My uncle asked me to take a look at his 10 hour old Echo PB500, saying he couldn't pull the recoil, and felt like it was jammed. Sure enough it was seized. I told him, and said he mixes his fuel perfect, he said it was a very hot day and mabe he ran it too long. I just found this weird as Echo is good brand name. He bought it at Home Depot, mabe it's a Home Depot specific item???? I told him to take in for Warranty, but he said no, he wanted me to work on it. Costed him $160 in parts.

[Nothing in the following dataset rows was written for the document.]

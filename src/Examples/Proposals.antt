-- ===== src/Examples/Proposals.antt =====
-- The first block of a node: created, written, parsed and read.
use whosecoin_core.Base.{
  ℕ, ◌≡◌, refl, none, some, List, [], ◌∷◌, ◌++◌, ok, Returns, arith, length, replicate,
}
use whosecoin_core.Bytes.{length-be_bytes}
use whosecoin_core.Examples.Toy.{toy}
use whosecoin_core.Tuple.{Tuple, tuple_parse}
use whosecoin_core.Tuple.Values.{encode_tuple, Shows}
use whosecoin_core.Tuple.RoundTrip.{tuple_parse-encode}
use whosecoin_core.Block.{Block, Store, block_get_hash}
use whosecoin_core.Block.Wire.Bytes.{block_values}
use whosecoin_core.Block.Wire.Size.{rounds-block}
use whosecoin_core.Block.RoundTrip.{send_receive_block, block_values-Fits, block_roundtrip}
use whosecoin_core.Block.Read.{block_create_from_tuple}
use whosecoin_core.Block.Read.Accepted.{IsAccepted, block_create_from_tuple-IsAccepted}
use whosecoin_core.Block.Read.Header.{IsBlockSized}
use whosecoin_core.Block.Read.Proposed.{IsProposed, block_create_from_tuple-Shows}
use whosecoin_core.Block.Create.{block_create}
use whosecoin_core.Block.Create.Proposed.{block_create-IsProposed}
use whosecoin_core.Node.FirstBlock.{genesis_block, created-first}

abbrev key : List ℕ
key = replicate 31 0 ++ 1 ∷ []

abbrev no_blocks : Store
no_blocks = record { blocks = []; children = λ a. [] }

abbrev zeros : List ℕ
zeros = replicate 32 0

abbrev first : Block
first = genesis_block toy 0 7 key key

no_previous : block_get_hash no_blocks none ≡ ok zeros
unfolding block_get_hash
no_previous = refl

proofs_sized : (k m : List ℕ) → length (toy.vrf_prove k m) ≡ 80
unfolding whosecoin_core.Examples.Toy.toy_prove
proofs_sized k m = length-be_bytes 80 _

first_created : block_create toy no_blocks 1 0 7 key key none [] ≡ ok (some first)
first_created = created-first toy 0 7 key key refl proofs_sized

first-IsProposed :
    IsProposed toy no_blocks 1 0 zeros first × IsBlockSized zeros first × (first.transactions ≡ [])
first-IsProposed =
    block_create-IsProposed toy no_blocks 1 0 7 key key refl refl (proofs_sized key) none zeros
      no_previous refl [] tt first (omega arith) (omega arith) first_created

-- The bytes of the first block, parsed.
first_parsed : Returns (tuple_parse 13 (encode_tuple (block_values zeros first) ++ [])) λ found.
    (t : Tuple) × (found ≡ some t)
    × Shows t.elements (block_values zeros first)
    × (t.start ≡ encode_tuple (block_values zeros first) ++ [])
    × (t.length_field ≡ length (encode_tuple (block_values zeros first)))
unfolding whosecoin_core.Block.Create.enter_sortition
first_parsed =
    tuple_parse-encode (block_values zeros first) [] 13
      (block_values-Fits zeros first first-IsProposed.1 tt)
      (omega (arith, rounds-block first zeros))

abbrev message : Tuple
message = first_parsed.2.0

block_roundtrip_example :
    send_receive_block toy no_blocks 1 0 (λ v. none) 13 first ≡ ok (some first)
block_roundtrip_example =
    block_roundtrip toy no_blocks 1 0 (λ v. none) 13 7 key key none zeros [] first refl refl
      (proofs_sized key) no_previous refl tt tt (omega arith) (omega arith) (omega arith)
      (λ r. refl) first_created

block_create-IsProposed_example :
    IsProposed toy no_blocks 1 0 zeros first × IsBlockSized zeros first × (first.transactions ≡ [])
block_create-IsProposed_example =
    block_create-IsProposed toy no_blocks 1 0 7 key key refl refl (proofs_sized key) none zeros
      no_previous refl [] tt first (omega arith) (omega arith) first_created

block_create_from_tuple-Shows_example :
    block_create_from_tuple toy no_blocks 1 0 (λ v. none) message ≡ ok (some first)
unfolding whosecoin_core.Block.Create.enter_sortition
block_create_from_tuple-Shows_example =
    block_create_from_tuple-Shows toy no_blocks 1 0 zeros first (λ v. none) message
      first-IsProposed.1 first-IsProposed.0 tt tt (λ r. refl) first_parsed.2.2

first_read : block_create_from_tuple toy no_blocks 1 0 (λ v. none) message ≡ ok (some first)
unfolding whosecoin_core.Block.Create.enter_sortition
first_read =
    block_create_from_tuple-Shows toy no_blocks 1 0 zeros first (λ v. none) message
      first-IsProposed.1 first-IsProposed.0 tt tt (λ r. refl) first_parsed.2.2

block_create_from_tuple-IsAccepted_example : IsAccepted toy no_blocks 1 (λ v. none) message 0 first
block_create_from_tuple-IsAccepted_example =
    block_create_from_tuple-IsAccepted toy no_blocks 1 (λ v. none) message 0 first first_read
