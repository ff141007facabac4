-- ===== src/Network/Shared.antt =====
-- network.c: the buffers that the writes to several peers share, by a count of references.
-- A write completes some time after it was started, when the event loop calls `on_write`.
use whosecoin_core.Base.{
  ℕ, zero, suc, ◌+◌, ◌^◌, ◌<◌, ◌≡◌, refl, ap, ◌∙◌, arith, Bool, true, false, ◌==◌, ltb,
  if◌then◌else◌, ℤ, pos, negsuc, is_zero, Run, ok, fault, ◌>>=◌,
}

-- `ref_count` is an `int` of 32 bits, and the memory is there until it is freed.
pub record SharedBuffer : Type 0 where
  pub ref_count : ℤ
  pub is_freed : Bool

unfoldable pub shared_buffer_create : SharedBuffer
shared_buffer_create = record { ref_count = pos 0; is_freed = false }

-- `+= 1` on an `int`; past its greatest value the behaviour is undefined.
unfoldable pub int_increment : ℤ → Run ℤ
int_increment (pos n) = if ltb (n + 1) (2 ^ 31) then ok (pos (n + 1)) else fault
int_increment (negsuc zero) = ok (pos 0)
int_increment (negsuc (suc n)) = ok (negsuc n)

-- `-= 1` on an `int`; past its least value the behaviour is undefined.
unfoldable pub int_decrement : ℤ → Run ℤ
int_decrement (pos zero) = ok (negsuc 0)
int_decrement (pos (suc n)) = ok (pos n)
int_decrement (negsuc n) = if ltb (n + 1) (2 ^ 31) then ok (negsuc (n + 1)) else fault

unfoldable pub shared_buffer_retain : SharedBuffer → Run SharedBuffer
unfolding int_increment
shared_buffer_retain buf = elim buf.is_freed [
  | true ↦ fault
  | false ↦ int_increment buf.ref_count >>= λ count. ok (record buf { ref_count = count })
]

unfoldable pub shared_buffer_release : SharedBuffer → Run SharedBuffer
unfolding int_decrement
shared_buffer_release buf = elim buf.is_freed [
  | true ↦ fault
  | false ↦ int_decrement buf.ref_count >>= λ count.
      ok (record { ref_count = count; is_freed = is_zero count })
]

-- The loop over the peers, each of which has a write started.
unfoldable pub retain_each : ℕ → SharedBuffer → Run SharedBuffer
unfolding shared_buffer_retain
retain_each zero buf = ok buf
retain_each (suc peers) buf = shared_buffer_retain buf >>= retain_each peers

-- The buffer of a message to that many peers, with a write started to each.
unfoldable pub broadcast_message : ℕ → Run SharedBuffer
unfolding shared_buffer_create shared_buffer_retain shared_buffer_release retain_each
broadcast_message peers =
    shared_buffer_retain shared_buffer_create >>= retain_each peers >>= shared_buffer_release

-- One write is started.
unfoldable pub send_message : Run SharedBuffer
unfolding shared_buffer_create shared_buffer_retain
send_message = shared_buffer_retain shared_buffer_create

unfoldable pub on_write : SharedBuffer → Run SharedBuffer
unfolding shared_buffer_release
on_write = shared_buffer_release

-- That many writes complete.
unfoldable pub on_writes : ℕ → SharedBuffer → Run SharedBuffer
unfolding on_write
on_writes zero buf = ok buf
on_writes (suc writes) buf = on_write buf >>= on_writes writes

-- A buffer with the number of references, freed if there is none.
abbrev pub held : ℕ → SharedBuffer
held count = record { ref_count = pos count; is_freed = count == 0 }

positive : (count : ℕ) → 0 < count → (count == 0) ≡ false
positive count h = ground arith

retain-held :
    (count : ℕ)
    → count + 2 < 2 ^ 31
    → shared_buffer_retain (held (suc count)) ≡ ok (held (suc (suc count)))
unfolding shared_buffer_retain
retain-held count h =
    let fits : ltb (suc count + 1) (2 ^ 31) ≡ true = ground arith in
    let one : suc count + 1 ≡ suc (suc count) = omega arith in
    rw
      (
        positive (suc count) (omega arith),
        fits,
        ◌>>=◌,
        one,
        positive (suc (suc count)) (omega arith),
      )
      refl

release-held : (count : ℕ) → shared_buffer_release (held (suc count)) ≡ ok (held count)
unfolding shared_buffer_release
release-held count = rw (positive (suc count) (omega arith), ◌>>=◌) refl

retain_each-held :
    (peers count : ℕ)
    → count + 1 + peers < 2 ^ 31
    → retain_each peers (held (suc count)) ≡ ok (held (suc (count + peers)))
unfolding retain_each
retain_each-held zero count h = ap (λ k. ok (held (suc k))) (omega arith)
retain_each-held (suc peers) count h =
    let sum : suc (suc count + peers) ≡ suc (count + suc peers) = omega arith in
    rw (retain-held count (omega arith), ◌>>=◌)
      (retain_each-held peers (suc count) (omega arith) ∙ ap (λ k. ok (held k)) sum)

on_writes-held : (writes count : ℕ) → on_writes writes (held (writes + count)) ≡ ok (held count)
unfolding on_writes on_write
on_writes-held zero count = ap (λ k. ok (held k)) (omega arith)
on_writes-held (suc writes) count =
    let step : on_write (held (suc writes + count)) ≡ ok (held (writes + count)) =
      ap (λ k. on_write (held k)) (omega arith) ∙ release-held (writes + count) in
    ap (λ r. r >>= on_writes writes) step ∙ on_writes-held writes count

-- After a message was sent to some peers, fewer than 2 ^ 31 - 1, and some of the writes have
-- completed, the buffer has a reference for each write that is left, and is freed exactly if none
-- is; no completed write touches freed memory.
pub on_writes-broadcast :
    (done left : ℕ)
    → done + left + 1 < 2 ^ 31
    → (broadcast_message (done + left) >>= on_writes done) ≡ ok (held left)
unfolding broadcast_message
on_writes-broadcast done left h =
    let all = done + left in
    let each : retain_each all (held 1) ≡ ok (held (suc all)) =
      retain_each-held all 0 (omega arith) ∙ ap (λ k. ok (held (suc k))) (omega arith) in
    ap (λ r. r >>= shared_buffer_release >>= on_writes done) each
    ∙ ap (λ r. r >>= on_writes done) (release-held all)
    ∙ on_writes-held done left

Anyway had to damn near beat the piston outta the bore, it was scored real bad, chunks missing, the cylinder was scretched but not as bad as it's chromed. Got a new P&C for em, got running again, notice even in the cooler weather of November this thing runs HOT. I told him don't run it at long intervals at WOT, idle it down every so often, and mix your fuel a bit richer around 36:1 and use Husky oil. 

The carb is Walbro WYA, looks non adjustable, there are two holes that appear to have needles in them but what the hell fits in there to adjust them, I looked everywere and there doesn't seem to be a special tool for it????? Walbro lists it as proper function for any altitude, yeah right:freak:. Noticed the muffler has a catalytic converter in it too. The EPA is really killing this industry....................


----------



## justin3 (Apr 10, 2007)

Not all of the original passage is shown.